だけど趣味は人それぞれだよ。人に迷惑をかけてないならいいじゃないか?
「わかってねえ。進藤はわかってねえ。すでに周囲の男どもが知らないところで犠牲になっていることを」
「大げさだろ。漫画のモデルにされるくらい」
「ばか、あいつらの中では既成事実として認識されてるんだぞ? このオレとおまえがカップリングされてても平気なのか?」
「彼女らの想像力には完敗だね。でも目に見えないところでやってくれるなら、別に困ることもないわけだし」
「見てる人は見てるんだぞ!?」
「でもボクは見ないから」
「果敢だ……」
「むしろ、そんな内容のものを見せられたら、セクハラだからね。訴えてもいいでしょ」
「女相手に、容赦がないな」
「おまえだって描かれるの自体、嫌なんだろ」
「言葉もない」
「だからさ」
タカノリはうんざりといった顔つきで前へ向き直った。講義が始まる……。
夏休みに入ったら、ボクはのんびりしていられなくなった。
鮫島さんと志摩さんに、どうしてもと頼み込まれて、漫画アシスタントに狩り出されたのだ。

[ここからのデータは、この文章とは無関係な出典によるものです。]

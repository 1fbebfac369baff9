-- ===== src/Search/Hits.antt =====
-- The hits of a search against their description: in the order of their best rows, and each with all rows
-- of its entry counted.
use nomai.Base.{
  ℕ, zero, suc, ◌+◌, ◌%◌, ◌^◌, ◌≡◌, refl, sym, ap, ◌∙◌, Bool, true, false, not, Option, none, some,
  List, [], ◌∷◌, ◌++◌, append-nil, append_assoc, arith, map, map-append, any, All, All-map, IsApart,
  filter-IsApart, filter, filter_none, filter-All, take, length, length-append, if◌then◌else◌, ltb,
  ==_refl, Bool-cases, inl, inr, any-All, Option-cases,
}
use nomai.Core.{Deps, same_id}
use nomai.Search.{
  Ranks, FtsRow, DedupedHit, ids_cap, count_match, new_hit, add_row, add_rows, dedupe_hits,
}

module _ (d : Deps) (r : Ranks d) where
  -- A row with its two ids.
  pub record Row : Type 0 where
    pub id : d.Ulid
    pub bid : d.Ulid
    pub row : FtsRow d r

  abbrev pub with_ids : Option d.Ulid → Option d.Ulid → FtsRow d r → List Row
  with_ids none bid row = []
  with_ids (some id) none row = []
  with_ids (some id) (some bid) row = record { id = id; bid = bid; row = row } ∷ []

  -- The rows whose ids are ULIDs.
  unfoldable pub parsed_rows : List (FtsRow d r) → List Row
  parsed_rows [] = []
  parsed_rows (row ∷ rows) =
      with_ids (r.parse_ulid row.entry_id) (r.parse_ulid row.block_id) row ++ parsed_rows rows

  abbrev pub same_entry : Row → Row → Bool
  same_entry x y = same_id d x.id y.id

  -- The first row of each entry.
  unfoldable pub firsts : List Row → List Row
  firsts [] = []
  firsts (x ∷ xs) = x ∷ filter (λ y. not (same_entry x y)) (firsts xs)

  -- The hit whose best row is `x`, with all rows of the entry.
  unfoldable pub summary : List Row → Row → DedupedHit d r
  summary rows x =
      let its = filter (same_entry x) rows in
      record {
        entry_id = x.id;
        score = r.to_score x.row.rank;
        match_count = length its % 2 ^ 32;
        matched_block_ids = take ids_cap (map (λ y. y.bid) its);
        best_block_id = x.bid;
        best_block_type = x.row.block_type;
        best_text = x.row.text;
      }

  take_snoc :
      (n : ℕ) (ids : List d.Ulid) (b : d.Ulid)
      → (if ltb (length (take n ids)) n then take n ids ++ b ∷ [] else take n ids)
        ≡ take n (ids ++ b ∷ [])
  take_snoc zero ids b = refl
  take_snoc (suc zero) [] b = refl
  take_snoc (suc (suc n)) [] b = ground (arith)
  take_snoc (suc n) (i ∷ ids) b = ground (arith, take_snoc n ids b)

  firsts-IsApart : (rows : List Row) → IsApart same_entry (firsts rows)
  unfolding firsts
  firsts-IsApart [] = tt
  firsts-IsApart (x ∷ xs) = (
    All-map _ _ (λ y h. ground (arith, h)) _ (filter-All (λ y. not (same_entry x y)) (firsts xs)),
    filter-IsApart same_entry _ (firsts xs) (firsts-IsApart xs),
  )

  filter-snoc :
      (p : Row → Bool) (xs : List Row) (x : Row)
      → filter p (xs ++ x ∷ []) ≡ (if p x then filter p xs ++ x ∷ [] else filter p xs)
  unfolding filter
  filter-snoc p [] x = refl
  filter-snoc p (y ∷ xs) x = ground (arith, filter-snoc p xs x)

  any-filter_same :
      (p q : Row → Bool) (xs : List Row)
      → ((x : Row) → p x ≡ true → q x ≡ true)
      → any p (filter q xs) ≡ any p xs
  unfolding any filter
  any-filter_same p q [] h = refl
  any-filter_same p q (x ∷ xs) h =
      let rest = any-filter_same p q xs h in
      elim (Bool-cases (p x)) [
        | inl e ↦ rw (h x e, e) refl
        | inr e ↦ elim (Bool-cases (q x)) [ inl f ↦ rw (f, e) rest | inr f ↦ rw (f, e) rest ]
      ]

  same_trans :
      (y z x : Row) → same_entry y x ≡ false → same_entry z x ≡ true → same_entry y z ≡ false
  same_trans y z x h e = ground (arith, h, e)

  same_sym : (y x : Row) → same_entry y x ≡ same_entry x y
  same_sym y x = ground (arith)

  -- One row more.
  firsts-step :
      (y x : Row) (xs : List Row)
      → y
          ∷ filter
              (λ z. not (same_entry y z))
              (if any (λ z. same_entry z x) xs then xs else xs ++ x ∷ [])
        ≡ (if any (λ z. same_entry z x) (y ∷ filter (λ z. not (same_entry y z)) xs)
            then y ∷ filter (λ z. not (same_entry y z)) xs
            else (y ∷ filter (λ z. not (same_entry y z)) xs) ++ x ∷ [])
  unfolding any
  firsts-step y x xs = elim (Bool-cases (same_entry y x)) [
    | inl e ↦ ground (arith, e, filter-snoc (λ z. not (same_entry y z)) xs x)
    | inr e ↦
        let keep =
          any-filter_same (λ z. same_entry z x) (λ z. not (same_entry y z)) xs
            (λ z k. ap not (same_trans y z x e k)) in
        elim (Bool-cases (any (λ z. same_entry z x) xs)) [
          | inl g ↦ rw (e, keep, g) refl
          | inr g ↦ rw (e, keep, g, filter-snoc (λ z. not (same_entry y z)) xs x, e) refl
        ]
  ]

  firsts-snoc :
      (xs : List Row) (x : Row)
      → firsts (xs ++ x ∷ [])
        ≡ (if any (λ y. same_entry y x) (firsts xs) then firsts xs else firsts xs ++ x ∷ [])
  unfolding firsts any filter
  firsts-snoc [] x = refl
  firsts-snoc (y ∷ xs) x = rw (firsts-snoc xs x) (firsts-step y x (firsts xs))

  firsts-any :
      (xs : List Row) (x : Row)
      → any (λ y. same_entry y x) (firsts xs) ≡ any (λ y. same_entry y x) xs
  unfolding firsts any
  firsts-any [] x = refl
  firsts-any (y ∷ xs) x = elim (Bool-cases (same_entry y x)) [
    | inl e ↦ rw e refl
    | inr e ↦ rw e (
        any-filter_same (λ z. same_entry z x) (λ z. not (same_entry y z)) (firsts xs)
          (λ z k. ap not (same_trans y z x e k))
        ∙ firsts-any xs x)
  ]

  -- A row of another entry, and one of the entry.
  summary-other :
      (pre : List Row) (x y : Row)
      → same_entry y x ≡ false
      → summary (pre ++ x ∷ []) y ≡ summary pre y
  unfolding summary
  summary-other pre x y e = rw (filter-snoc (same_entry y) pre x, e) refl

  count_wrap : (n : ℕ) → (n % 2 ^ 32 + 1) % 2 ^ 32 ≡ (n + 1) % 2 ^ 32
  count_wrap n = omega arith

  summary-same :
      (pre : List Row) (x y : Row)
      → same_entry y x ≡ true
      → count_match d r x.bid (summary pre y) ≡ summary (pre ++ x ∷ []) y
  unfolding summary count_match
  summary-same pre x y e =
      rw
        (
          filter-snoc (same_entry y) pre x,
          e,
          count_wrap (length (filter (same_entry y) pre)),
          length-append (filter (same_entry y) pre) (x ∷ []),
          map-append (λ z. z.bid) (filter (same_entry y) pre) (x ∷ []),
          take_snoc ids_cap (map (λ z. z.bid) (filter (same_entry y) pre)) x.bid,
        )
        refl

  summaries-other :
      (pre : List Row) (x : Row) (xs : List Row)
      → All (λ y. same_entry y x ≡ false) xs
      → map (summary (pre ++ x ∷ [])) xs ≡ map (summary pre) xs
  summaries-other pre x [] h = refl
  summaries-other pre x (y ∷ xs) h =
      rw (summary-other pre x y h.0, summaries-other pre x xs h.1) refl

  summary-id :
      (pre : List Row) (y x : Row) → same_id d (summary pre y).entry_id x.id ≡ same_entry y x
  unfolding summary
  summary-id pre y x = refl

  others-apart :
      (x y : Row) (xs : List Row)
      → same_entry y x ≡ true
      → All (λ z. same_entry y z ≡ false) xs
      → All (λ z. same_entry z x ≡ false) xs
  others-apart x y xs e h = All-map _ _ (λ z f. ground (arith, e, f)) xs h

  add_row-summaries :
      (pre : List Row) (x : Row) (xs : List Row)
      → IsApart same_entry xs
      → add_row d r x.id x.bid x.row (map (summary pre) xs) ≡ (
          if any (λ y. same_entry y x) xs
          then map (summary (pre ++ x ∷ [])) xs
          else map (summary (pre ++ x ∷ [])) xs
            ++ count_match d r x.bid (new_hit d r x.id x.bid x.row) ∷ [])
  unfolding add_row any
  add_row-summaries pre x [] h = refl
  add_row-summaries pre x (y ∷ xs) h = elim (Bool-cases (same_entry y x)) [
    | inl e ↦
        rw
          (
            summary-id pre y x,
            e,
            summary-same pre x y e,
            summaries-other pre x xs (others-apart x y xs e h.0),
          )
          refl
    | inr e ↦
        let rest = add_row-summaries pre x xs h.1 in
        elim (Bool-cases (any (λ z. same_entry z x) xs)) [
          | inl g ↦ rw (summary-id pre y x, e, rest, g, summary-other pre x y e) refl
          | inr g ↦ rw (summary-id pre y x, e, rest, g, summary-other pre x y e) refl
        ]
  ]

  -- The first row of an entry.
  summary-new :
      (pre : List Row) (x : Row)
      → any (λ y. same_entry y x) pre ≡ false
      → summary (pre ++ x ∷ []) x ≡ count_match d r x.bid (new_hit d r x.id x.bid x.row)
  unfolding summary count_match
  summary-new pre x h =
      let none_before =
        filter_none (same_entry x) pre
          (All-map _ _ (λ y e. same_sym x y ∙ e) pre (any-All (λ y. same_entry y x) pre h)) in
      rw (filter-snoc (same_entry x) pre x, none_before, ==_refl (d.number x.id)) refl

  unfoldable summaries : List Row → List (DedupedHit d r)
  summaries xs = map (summary xs) (firsts xs)

  add_row-step :
      (pre : List Row) (x : Row)
      → add_row d r x.id x.bid x.row (summaries pre) ≡ summaries (pre ++ x ∷ [])
  unfolding summaries
  add_row-step pre x =
      add_row-summaries pre x (firsts pre) (firsts-IsApart pre)
      ∙ elim (Bool-cases (any (λ y. same_entry y x) (firsts pre))) [
        | inl e ↦ rw (firsts-snoc pre x, e) refl
        | inr e ↦
            rw
              (
                firsts-snoc pre x,
                e,
                map-append (summary (pre ++ x ∷ [])) (firsts pre) (x ∷ []),
                ← summary-new pre x (sym (firsts-any pre x) ∙ e),
              )
              refl
      ]

  add_rows-step :
      (rows : List (FtsRow d r)) (pre : List Row)
      → add_rows d r rows (summaries pre) ≡ summaries (pre ++ parsed_rows rows)
  unfolding add_rows parsed_rows
  add_rows-step [] pre = ap summaries (sym (append-nil pre))
  add_rows-step (row ∷ rows) pre = elim (Option-cases (r.parse_ulid row.entry_id)) [
    | inl e ↦ rw e (add_rows-step rows pre)
    | inr (id, e) ↦ elim (Option-cases (r.parse_ulid row.block_id)) [
      | inl f ↦ rw (e, f) (add_rows-step rows pre)
      | inr (bid, f) ↦
          let x : Row = record { id = id; bid = bid; row = row } in
          rw (e, f, add_row-step pre x)
            (add_rows-step rows (pre ++ x ∷ [])
              ∙ ap summaries (append_assoc pre (x ∷ []) (parsed_rows rows)))
    ]
  ]

  -- The hits are one for each entry, in the order of the entries' first rows, with all rows of the entry
  -- counted, at most 64 of their blocks, and what the first row holds; no more than `limit` are given.
  pub dedupe_hits-summary :
      (rows : List (FtsRow d r)) (limit : ℕ)
      → dedupe_hits d r rows limit
        ≡ take limit (map (summary (parsed_rows rows)) (firsts (parsed_rows rows)))
  unfolding dedupe_hits summaries firsts
  dedupe_hits-summary rows limit = ap (take limit) (add_rows-step rows [])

これも秘密を知ってしまったばかりに……なんどもタイムリープしようとしたのだが、どういうわけだか、逃げ出せなかった。でも、まあバイト代払ってくれるっていうし、手先は器用な方だ、背景を描くくらいなら大丈夫だろう、と考えて油断したのが悪かった。このままでは印刷に間に合わないからと、泊りがけで手伝うことになったのだけれど……。
「わー! なにこの写真!」
抗議しようとした。印刷で引き延ばされた画像。そこには机の下の、ほとんど半裸のボクの寝姿がとらえられていた。
鮫島さんは悪びれもせず、
「あんまり官能的なので資料用にと思って……」
「こんなの聞いてないよ!」
タカノリに相談したら、彼は同情的に言った。
「だから言ったろ。漫画に描かれるってそういうことなんだよ」
うもー! タイム! リープッ!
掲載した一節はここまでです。